Die Praxis zeigt zudem, dass diejenigen Betriebe oftmals die "schöneren" und "besseren" Kühe haben, die sich mit der Auswahl des geeigneten Bullen mehr auseinandersetzen, als Betriebe, die diesem Bereich weniger Beachtung schenken.Das Anpaarungsprogramm "Optibull" ist ein internetbasiertes Programm, bei dem man sich über die LKV-Homepage nach Freischaltung einloggen kann. Es greift auf die LKV-Daten des eigenen Betriebes zu. So sind gleich alle im Bestand befindlichen Tiere in dem Programm enthalten. Dazu hat das Programm gleichzeitig die Informationen über Abstammung und Leistung der Tiere. Dadurch werden automatisch Inzuchtanpaarungen vermieden. Die Besamungsbullen müssen nicht selbst eingetragen und aktualisiert werden, da das Programm über eine Verknüpfung zur Zuchtwertplattform der bayerischen Landesanstalt für Landwirtschaft, BaZI Rind, verfügt. Somit ist Optibull immer auf dem neusten Stand und aktualisiert sich somit selbst mit jeder Zuchtwertschätzung.

Bei der Stierauswahl kann man zwischen mehreren sogenannten "Stierpoolen" auswählen. Man kann zwischen dem "Stationspool", dem "Zuchtverbandspool" und dem "Bayernpool" wählen. Zusätzlich kann man sich einen eigenen "Betriebspool" anlegen. Des Weiteren kann man Bullen, die man nicht in seiner Herde einsetzen will vom Programm ausschließen genauso wie Wunschbullen zu jeder selbst ausgewählten Kuh "mitrechnen" lassen. Man muss bei dem Programm bei den einzelnen Kühen die jeweiligen Schwächen der Kuh eintragen. Hierbei wird neben den Leistungsmerkmalen vor allem das Exterieur bewertet. Hier wird in drei Kategorien zwischen leichter Mangel, starker Mangel und KO-Kriterium unterschieden. Das Programm rechnet mit diesen Informationen sowie den Informationen über die Abstammung die geeigneten Anpaarungsbullen aus. Hierzu können bis zu 10 verschiedene Bullen vorgeschlagen werden. Maximal 3 Bullen können dann abgespeichert und in einer Liste ausgedruckt werden. Nachdem alle Kühe bewertet wurden und die geeigneten Bullen ausgewählt wurden, kann eine übersichtliche Liste ausgedruckt werden. Mit dieser Liste hat man einen schnellen Überblick, mit welchen Stieren man am besten die jeweilige Kuh besamen sollte. Dies ist eine enorme Arbeitserleichterung, da man sich vor dem Besamen einer Kuh keine Gedanken mehr machen muss, mit welchem Stier man die Kuh am besten besamt.
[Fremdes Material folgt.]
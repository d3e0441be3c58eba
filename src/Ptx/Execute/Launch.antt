-- ===== src/Ptx/Execute/Launch.antt =====
-- software/rouge-ptx/ptx.cpp: `execute_kernel` on a grid. A function of the program is what it
-- reads of it: whether a `.shared` variable is dynamic. `Memory` is what a block leaves to the
-- next one, and `open_block` the fresh states and the zeroed scratchpad of the block of an index.
use rouge_v.Base.{
  ◌%◌, ◌^◌, ℕ, ◌*◌, ◌≤◌, ◌≡◌, Bool, false, ◌||◌, List, [], ◌∷◌, Option, none, some, if◌then◌else◌,
  refl, get_elem?, Bool-cases, inl, inr,
}
use rouge_v.Base.Int.{ℤ, pos, negsuc}
use rouge_v.Ptx.Execute.{
  Outcome, Thread, Failure, bad_index, dynamic_shared, BlockResult, failed, completed, out_of_fuel,
  Dim3, indices, run_block, any_alive, max_steps,
}
use rouge_v.Ptx.Execute.Rounds.{AllFinished, run_block-AllFinished}

-- `execute_kernel` returns false with an error, or true and leaves a memory.
pub data Launched (Memory : Type 0) : Type 0 where
  refused : Failure → Launched Memory
  launched : Memory → Launched Memory
  unfinished : Launched Memory

-- `PtxFunction` with its `.shared` variables, each by its `dynamic` flag.
pub record Function : Type 0 where
  pub shared_vars : List Bool

-- Some `sv.dynamic` of the function.
abbrev pub has_dynamic : List Bool → Bool
has_dynamic [] = false
has_dynamic (v ∷ vs) = v || has_dynamic vs

-- `prog.functions[fnIndex]`, where the index is in range.
abbrev pub function_at : List Function → ℤ → Option Function
function_at functions (pos index) = get_elem? functions index
function_at functions (negsuc index) = none

-- `threadsPerBlock`, a product of `size_t`.
abbrev pub threads_per_block : Dim3 → ℕ
threads_per_block block = block.z * block.y * block.x % 2 ^ 64

module _ {Memory Block : Type 0} (step : ℕ → Block → Option (Outcome × Block))
    (open_block : Dim3 → Memory → Block) (leave : Block → Memory) where
  -- The blocks of the grid, one after the other.
  pub run_blocks : ℕ → List Dim3 → Memory → Launched Memory
  run_blocks threads [] m = launched m
  run_blocks threads (at ∷ rest) m = elim (run_block step max_steps threads (open_block at m)) [
    | failed e ↦ refused e
    | completed ts steps b ↦ run_blocks threads rest (leave b)
    | out_of_fuel ↦ unfinished
  ]

  pub execute_kernel : List Function → ℤ → Dim3 → Dim3 → Memory → Launched Memory
  execute_kernel functions index grid block m = elim (function_at functions index) [
    | none ↦ refused bad_index
    | some fn ↦
        if has_dynamic fn.shared_vars
        then refused dynamic_shared
        else run_blocks (threads_per_block block) (indices grid) m
  ]

  -- The blocks of a list ran one after the other, each till all its threads had finished.
  pub data Ran (threads : ℕ) : List Dim3 → Memory → Memory → Type 0 where
    none_left : {m : Memory} → Ran threads [] m m
    block_ran :
        {at : Dim3} {rest : List Dim3} {m m' : Memory} {ts : List Thread} {steps : ℕ} {b : Block}
        → run_block step max_steps threads (open_block at m) ≡ completed ts steps b
        → any_alive ts ≡ false
        → steps ≤ max_steps
        → Ran threads rest (leave b) m'
        → Ran threads (at ∷ rest) m m'

  abbrev pub BlocksRan : ℕ → List Dim3 → Memory → Launched Memory → Type 0
  BlocksRan threads blocks m (refused e) = Unit {0}
  BlocksRan threads blocks m (launched m') = Ran threads blocks m m'
  BlocksRan threads blocks m unfinished = ⊥

  run_blocks-BlocksRan :
      (threads : ℕ) (blocks : List Dim3) (m : Memory)
      → BlocksRan threads blocks m (run_blocks threads blocks m)
  unfolding run_blocks
  run_blocks-BlocksRan threads [] m = none_left
  run_blocks-BlocksRan threads (at ∷ rest) m =
      go (run_block step max_steps threads (open_block at m)) refl
        (run_block-AllFinished step max_steps threads (open_block at m))
        (run_blocks-BlocksRan threads rest)
    where
      after :
          (b : Block)
          → ((m' : Memory) → Ran threads rest (leave b) m' → Ran threads (at ∷ rest) m m')
          → (r : Launched Memory) → BlocksRan threads rest (leave b) r
          → BlocksRan threads (at ∷ rest) m r
      after b put (refused e) ran = tt
      after b put (launched m') ran = put m' ran
      after b put unfinished ran = ran

      go :
          (r : BlockResult Block)
          → run_block step max_steps threads (open_block at m) ≡ r
          → AllFinished step max_steps r
          → ((m' : Memory) → BlocksRan threads rest m' (run_blocks threads rest m'))
          → BlocksRan threads (at ∷ rest) m (elim r [
            | failed e ↦ refused e
            | completed ts steps b ↦ run_blocks threads rest (leave b)
            | out_of_fuel ↦ unfinished
          ])
      go (failed e) same ends others = tt
      go (completed ts steps b) same ends others =
          after b (λ m' ran. block_ran same ends.0 ends.1 ran) (run_blocks threads rest (leave b))
            (others (leave b))
      go out_of_fuel same ends others = ends

  -- What a launch of the function at an index may come to.
  abbrev pub LaunchSound : List Function → ℤ → Dim3 → Dim3 → Memory → Launched Memory → Type 0
  LaunchSound functions index grid block m (refused e) = Unit {0}
  LaunchSound functions index grid block m (launched m') =
      ((fn : Function) × (function_at functions index ≡ some fn)
        × (has_dynamic fn.shared_vars ≡ false))
      × Ran (threads_per_block block) (indices grid) m m'
  LaunchSound functions index grid block m unfinished = ⊥

  -- A launch always ends: with an error, or the function exists and has no dynamic `.shared`
  -- variable and every block of the grid ran in the order of `indices`, on the memory that the one
  -- before left, until all of its threads had finished.
  pub execute_kernel-LaunchSound :
      (functions : List Function) (index : ℤ) (grid block : Dim3) (m : Memory)
      → LaunchSound functions index grid block m (execute_kernel functions index grid block m)
  unfolding execute_kernel
  execute_kernel-LaunchSound functions index grid block m = found (function_at functions index) refl
    where
      ran :
          (fn : Function)
          → function_at functions index ≡ some fn
          → has_dynamic fn.shared_vars ≡ false
          → (r : Launched Memory) → BlocksRan (threads_per_block block) (indices grid) m r
          → LaunchSound functions index grid block m r
      ran fn e static (refused err) b = tt
      ran fn e static (launched m') b = ((fn, e, static), b)
      ran fn e static unfinished b = b

      found :
          (o : Option Function)
          → function_at functions index ≡ o
          → LaunchSound functions index grid block m (elim o [
            | none ↦ refused bad_index
            | some fn ↦
                if has_dynamic fn.shared_vars
                then refused dynamic_shared
                else run_blocks (threads_per_block block) (indices grid) m
          ])
      found none e = tt
      found (some fn) e = elim (Bool-cases (has_dynamic fn.shared_vars)) [
        | inl dynamic ↦ rw dynamic tt
        | inr static ↦ rw static (
            ran fn e static (run_blocks (threads_per_block block) (indices grid) m)
              (run_blocks-BlocksRan (threads_per_block block) (indices grid) m))
      ]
Auch Betriebe, die sich mit Zucht nicht beschäftigen können mit diesem Programm gezielt besamen. Gerade für diese Betriebe ist das Anpaarungsprogramm Optibull ein hervorragendes Instrument, sich ohne großen Aufwand eine sehr gute Herde aufzubauen, die sowohl in Leistung, Gesundheit und auch Exterieur gut ausgeglichen sein wird. Der Besamungsverein Nordschwaben e.V. und der Zuchtverband Wertingen werden gemeinsam diese Dienstleistung den Betrieben anbieten. Hierzu kommt entweder ein Mitarbeiter von der Besamungsstation Höchstädt oder des Wertin-ger Zuchtverbandes auf ihren Betrieb. 2 – 3 Betriebsbesuche pro Jahr sind dafür vorgesehen. Am zeitintensivsten wird der Erstbesuch sein. Denn da werden die meisten Tiere bewertet und im System aufgenommen. Die Folgebesuche werden wesentlich weniger Zeit in Anspruch nehmen, da im Prinzip fast nur noch die neu hinzugekommenen Jungkühe bewertet werden müssen. Die Kosten für dieses Programm sind bei der Besamungsstation Höchstädt und dem Wertinger Zuchtverband mit den Kosten des LKV Bayerns identisch. Für Betriebe mit weniger als 20 Kühen fällt ein Pauschalbetrag pro Jahr von 140 € netto an. Betriebe ab 20 Kühen haben einen jährlichen Grundbetrag von 100 €. Zusätzlich fällt eine Gebühr von 2,20 € netto pro Kuh und Jahr an. Bei Interesse melden Sie sich bitte bei der Besamungsstation Höchstädt unter 09074 9559 - 0, bei Herrn Schwarz vom Zuchtverband Wertingen.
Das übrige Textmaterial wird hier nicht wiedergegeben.